Sixty-seven controlled trials were included in the review with 2,990 participants. The crossover design trials had 863 participants in the treatment group and 863 in the control group, and the parallel design trials had 1,146 in the treatment group and 981 in the control group. There were 25 trials of oat products, 17 of psyllium, 7 of pectin, and 18 of guar gum.

Soluble fibre (2-10 g/d) was associated with small but statistically significant decreases in total cholesterol (-0.045 mmol per litre per gram soluble fibre, 95% CI: -0.054, -0.035) and LDL cholesterol (- 0.057 mmol per litre per gram soluble fibre, 95% CI: -.070, -0.044).

The effects on plasma lipids of soluble fibre from oat, psyllium, or pectin were not statistically significantly different. It was not possible to determine the effects for guar gum because of a lack of data.

Triacylglycerols and HDL cholesterol were not significantly influenced by soluble fibre.

Lipid changes were independent of study design, treatment length, and background dietary fat content.

Various soluble fibres reduce total and LDL cholesterol by similar amounts. The effect is small within the practical range of intake. Three grams of soluble fibre from oats (3 servings of oatmeal, 28 grams each) can decrease total and LDL cholesterol by approximately 0.13 mmol/L. Increasing soluble fibre can make only a small contribution to dietary therapy to lower cholesterol.

The authors have stated their research question and inclusion/exclusion criteria and have performed a reasonable search of the literature. It is not clear whether additional relevant data may have been missed since unpublished literature and non-English publications were not included in the review. The authors also restricted their search to MEDLINE and may therefore have missed studies published outside of the United States. Heterogeneity was found between the studies, but the authors have proceeded with a statistical combination of the data and investigated the effects of the heterogeneity using various statistical modelling tools.

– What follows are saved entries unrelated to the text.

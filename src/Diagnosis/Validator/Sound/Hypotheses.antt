-- ===== src/Diagnosis/Validator/Sound/Hypotheses.antt =====
-- The facts and the hypotheses that `validate` (tools/viewer/web/diagnosis_validator.js) lets pass.
use open_fpgastudio.Base.{
  ℕ, ◌≡◌, refl, sym, ap, ◌∙◌, subst, Bool, true, false, Bool-cases, inl, inr, not, ◌||◌, Option,
  none, some, List, [], ◌∷◌, arith,
}
use open_fpgastudio.Base.Texts.{Text, codes}
use open_fpgastudio.Base.Dict.{same_text}
use open_fpgastudio.Diagnosis.Json.{
  Value, Items, Fields, null, bool, num, str, arr, obj, nil, cons, get_field, set_field,
  get_field-set_field, get_field_other,
}
use open_fpgastudio.Diagnosis.Validator.{in_unit, at_most_quarter, capped, no_ids, is_text}
use open_fpgastudio.Diagnosis.Validator.Check.{
  Conversions, at_index, ids_of, with_id, id_text, with_errors, with_conflicts, is_known,
  confidence_errors, capped_value, mark_unverified, rule_conflicts, record_conflicts,
  mark_conflicts, unknown_ids, evidence_errors, check_fact, check_hypothesis,
}
use open_fpgastudio.Diagnosis.Validator.Sound.{
  all_known, cites, is_confidence, is_low, fact_is_cited, hypothesis_is_supported, append_empty,
  add_if_empty, some_pair, failed_lem,
}

not_lem : (b : Bool) → not b ≡ false → b ≡ true
not_lem true h = refl
not_lem false h = cc

module _ (js : Conversions) where
  with_id_none :
      (known : Bool) (id : Option Text) (errors : Option (List Text))
      → with_id known id errors ≡ some []
      → (known ≡ true) × (errors ≡ some [])
  with_id_none true id errors h = (refl, h)
  with_id_none false none errors h = cc
  with_id_none false (some t) none h = cc
  with_id_none false (some t) (some errors) h = cc

  unknown_none :
      (allowed : List Text) (ids : Items)
      → unknown_ids js allowed ids ≡ some []
      → all_known allowed ids ≡ true
  unfolding unknown_ids
  unknown_none allowed nil h = refl
  unknown_none allowed (cons id ids) h =
      let parts =
        with_id_none (is_known allowed id) (id_text js id) (unknown_ids js allowed ids) h in
      rw (parts.0, unknown_none allowed ids parts.1)

  evidence_none :
      (allowed : List Text) (path : Text) (ids : Option Value)
      → evidence_errors js allowed path ids ≡ some []
      → cites allowed ids ≡ true
  unfolding evidence_errors
  evidence_none allowed path (some (arr ids)) h = unknown_none allowed ids h
  evidence_none allowed path none h = cc
  evidence_none allowed path (some null) h = cc
  evidence_none allowed path (some (bool b)) h = cc
  evidence_none allowed path (some (num n)) h = cc
  evidence_none allowed path (some (str t)) h = cc
  evidence_none allowed path (some (obj fields)) h = cc

confidence_none :
    (index : ℕ) (confidence : Option Value)
    → confidence_errors index confidence ≡ []
    → is_confidence confidence ≡ true
unfolding confidence_errors
confidence_none index (some (num n)) h = not_lem (in_unit n) (add_if_empty _ _ h)
confidence_none index none h = cc
confidence_none index (some null) h = cc
confidence_none index (some (bool b)) h = cc
confidence_none index (some (arr ids)) h = cc
confidence_none index (some (str t)) h = cc
confidence_none index (some (obj fields)) h = cc

-- The smaller of a confidence and 0.25, when the confidence is a number.
capped_number : Option Value → Value
capped_number (some (num n)) = num (capped n)
capped_number _ = null

capped_lem :
    (confidence : Option Value)
    → is_confidence confidence ≡ true
    → (is_confidence (some (capped_number confidence)) ≡ true)
      × (is_low (some (capped_number confidence)) ≡ true)
unfolding capped_number capped in_unit at_most_quarter
capped_lem (some (num n)) h = (ground arith, ground arith)
capped_lem none h = cc
capped_lem (some null) h = cc
capped_lem (some (bool b)) h = cc
capped_lem (some (arr ids)) h = cc
capped_lem (some (str t)) h = cc
capped_lem (some (obj fields)) h = cc

capped_value_lem :
    (js : Conversions) (confidence : Option Value)
    → is_confidence confidence ≡ true
    → capped_value js confidence ≡ some (capped_number confidence)
unfolding capped_value capped_number
capped_value_lem js (some (num n)) h = refl
capped_value_lem js none h = cc
capped_value_lem js (some null) h = cc
capped_value_lem js (some (bool b)) h = cc
capped_value_lem js (some (arr ids)) h = cc
capped_value_lem js (some (str t)) h = cc
capped_value_lem js (some (obj fields)) h = cc

-- The conflicts are written where nothing of this is read.
conflicts_apart :
    (j : Text) (conflicts : List Text) (fields : Fields)
    → same_text (codes "conflicts_with_local_findings") j ≡ false
    → get_field j (record_conflicts conflicts fields) ≡ get_field j fields
conflicts_apart j [] fields h = refl
conflicts_apart j (c ∷ cs) fields h = get_field_other j _ _ fields h

apart :
    (same_text (codes "conflicts_with_local_findings") (codes "evidence_ids") ≡ false)
    × (same_text (codes "conflicts_with_local_findings") (codes "confidence") ≡ false)
    × (same_text (codes "conflicts_with_local_findings") (codes "status") ≡ false)
    × (same_text (codes "status") (codes "evidence_ids") ≡ false)
    × (same_text (codes "confidence") (codes "evidence_ids") ≡ false)
    × (same_text (codes "confidence") (codes "status") ≡ false)
    × (same_text (codes "status") (codes "confidence") ≡ false)
unfolding same_text
apart = (refl, refl, refl, refl, refl, refl, refl)

unverified_lem : is_text (codes "unverified") (some (str (codes "unverified"))) ≡ true
unfolding is_text same_text
unverified_lem = refl

or_true : (b : Bool) → (b || true) ≡ true
or_true true = refl
or_true false = refl

-- The fields of a hypothesis without evidence, when they have been marked.
marked_fields : Fields → Fields
marked_fields fields =
    set_field (codes "confidence") (capped_number (get_field (codes "confidence") fields))
      (set_field (codes "status") (str (codes "unverified")) fields)

marked_lem :
    (allowed : List Text) (fields : Fields)
    → no_ids (get_field (codes "evidence_ids") fields) ≡ true
    → cites allowed (get_field (codes "evidence_ids") fields) ≡ true
    → is_confidence (get_field (codes "confidence") fields) ≡ true
    → hypothesis_is_supported allowed (obj (marked_fields fields)) ≡ true
unfolding marked_fields
marked_lem allowed fields e cited confident =
    let low = capped_lem (get_field (codes "confidence") fields) confident in
    rw (
      get_field_other (codes "evidence_ids") (codes "confidence") _ _ apart.4,
      get_field_other (codes "evidence_ids") (codes "status") _ fields apart.3,
      get_field-set_field (codes "confidence") _ _,
      get_field_other (codes "status") (codes "confidence") _ _ apart.5,
      get_field-set_field (codes "status") _ fields,
      cited,
      low.0,
      low.1,
      unverified_lem,
      or_true _,
    )

fields_or : Fields → Option Fields → Fields
fields_or default none = default
fields_or default (some fields) = fields

some_lem : (a b : Fields) → some a ≡ some b → a ≡ b
unfolding fields_or
some_lem a b h = ap (fields_or a) h

marked_supported :
    (js : Conversions) (allowed : List Text) (fields marked : Fields)
    → mark_unverified js fields ≡ some marked
    → cites allowed (get_field (codes "evidence_ids") fields) ≡ true
    → is_confidence (get_field (codes "confidence") fields) ≡ true
    → hypothesis_is_supported allowed (obj marked) ≡ true
unfolding mark_unverified marked_fields
marked_supported js allowed fields marked h cited confident =
    elim (Bool-cases (no_ids (get_field (codes "evidence_ids") fields))) [
      | inl e ↦
          let computed : mark_unverified js fields ≡ some (marked_fields fields) =
            rw
              (
                e,
                get_field_other (codes "confidence") (codes "status") (str (codes "unverified"))
                    fields apart.6,
                capped_value_lem js (get_field (codes "confidence") fields) confident,
              )
              refl in
          let same : marked_fields fields ≡ marked = some_lem _ _ (sym computed ∙ h) in
          subst (λ fs. hypothesis_is_supported allowed (obj fs) ≡ true) same
            (marked_lem allowed fields e cited confident)
      | inr e ↦
          let computed : mark_unverified js fields ≡ some fields = rw e refl in
          let same : fields ≡ marked = some_lem _ _ (sym computed ∙ h) in
          subst (λ fs. hypothesis_is_supported allowed (obj fs) ≡ true) same
            (rw (cited, confident, e))
    ]

conflicts_supported :
    (allowed rules : List Text) (fields : Fields)
    → hypothesis_is_supported allowed (obj fields) ≡ true
    → hypothesis_is_supported allowed (obj (mark_conflicts rules fields)) ≡ true
unfolding mark_conflicts
conflicts_supported allowed rules fields h =
    let found = rule_conflicts rules (get_field (codes "contradicts_rule_ids") fields) in
    rw
      (
        conflicts_apart (codes "evidence_ids") found fields apart.0,
        conflicts_apart (codes "confidence") found fields apart.1,
        conflicts_apart (codes "status") found fields apart.2,
      )
      h

with_conflicts_lem :
    (rules : List Text) (errors : Option (List Text)) (marked : Option Fields) (more : List Text)
    (w : Value)
    → with_conflicts rules errors marked more ≡ some (w, [])
    → (errors ≡ some [])
      × (more ≡ [])
      × ((fields : Fields) × (marked ≡ some fields) × (obj (mark_conflicts rules fields) ≡ w))
with_conflicts_lem rules (some errors) (some fields) more w h =
    let parts = some_pair _ w _ [] h in
    let none_left = append_empty errors more parts.1 in
    (ap some none_left.0, none_left.1, (fields, refl, parts.0))
with_conflicts_lem rules none marked more w h = cc
with_conflicts_lem rules (some errors) none more w h = cc

with_errors_lem :
    (v w : Value) (errors : Option (List Text))
    → with_errors v errors ≡ some (w, [])
    → (v ≡ w) × (errors ≡ some [])
with_errors_lem v w none h = cc
with_errors_lem v w (some errors) h =
    let parts = some_pair v w errors [] h in (parts.0, ap some parts.1)

module _ (js : Conversions) (evidence rules : List Text) where
  pub check_hypothesis_lem :
      (index : ℕ) (v w : Value)
      → check_hypothesis js evidence rules index v ≡ some (w, [])
      → hypothesis_is_supported evidence w ≡ true
  unfolding check_hypothesis
  check_hypothesis_lem index (obj fields) w h =
      let (cited, confident, (marked, is_marked, same)) = with_conflicts_lem rules _ _ _ w h in
      subst (λ v. hypothesis_is_supported evidence v ≡ true) same
        (conflicts_supported evidence rules marked (
          marked_supported js evidence fields marked is_marked
            (evidence_none js evidence _ (get_field (codes "evidence_ids") fields) cited)
            (confidence_none index (get_field (codes "confidence") fields) confident)))
  check_hypothesis_lem index (arr items) w h = absurd (failed_lem _ w _ _ h)
  check_hypothesis_lem index null w h = cc
  check_hypothesis_lem index (bool b) w h = cc
  check_hypothesis_lem index (num n) w h = cc
  check_hypothesis_lem index (str t) w h = cc

module _ (js : Conversions) (evidence : List Text) where
  pub check_fact_lem :
      (index : ℕ) (v w : Value)
      → check_fact js evidence index v ≡ some (w, [])
      → fact_is_cited evidence w ≡ true
  unfolding check_fact evidence_errors
  check_fact_lem index (obj fields) w h =
      let parts = with_errors_lem (obj fields) w _ h in
      subst (λ v. fact_is_cited evidence v ≡ true) parts.0
        (evidence_none js evidence _ (get_field (codes "evidence_ids") fields) parts.1)
  check_fact_lem index (arr items) w h = absurd (failed_lem _ w _ _ h)
  check_fact_lem index null w h = cc
  check_fact_lem index (bool b) w h = absurd (failed_lem _ w _ _ h)
  check_fact_lem index (num n) w h = absurd (failed_lem _ w _ _ h)
  check_fact_lem index (str t) w h = absurd (failed_lem _ w _ _ h)

  -- The errors of a fact.
  abbrev fact_errors : ℕ → Value → Option (List Text)
  fact_errors index v =
      evidence_errors js evidence (at_index (codes "observed_facts") index) (ids_of js v)

  pub check_fact_kept :
      (index : ℕ) (v w : Value) → check_fact js evidence index v ≡ some (w, []) → v ≡ w
  unfolding check_fact
  check_fact_kept index (obj fields) w h =
      (with_errors_lem (obj fields) w (fact_errors index (obj fields)) h).0
  check_fact_kept index (arr items) w h =
      (with_errors_lem (arr items) w (fact_errors index (arr items)) h).0
  check_fact_kept index null w h = cc
  check_fact_kept index (bool b) w h = (with_errors_lem (bool b) w (fact_errors index (bool b)) h).0
  check_fact_kept index (num n) w h = (with_errors_lem (num n) w (fact_errors index (num n)) h).0
  check_fact_kept index (str t) w h = (with_errors_lem (str t) w (fact_errors index (str t)) h).0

There may be bias in the review because there is no information reported about the selection or data extraction processes for the included studies. The authors also have not performed a quality assessment of the included individual studies. For these reasons, the results of this review should be viewed with caution.

The authors did not state any implications for further research and practice.

This is a critical abstract of a systematic review that meets the criteria for inclusion on DARE. Each critical abstract contains a brief summary of the review methods, results and conclusions followed by a detailed critical assessment on the reliability of the review and the conclusions drawn.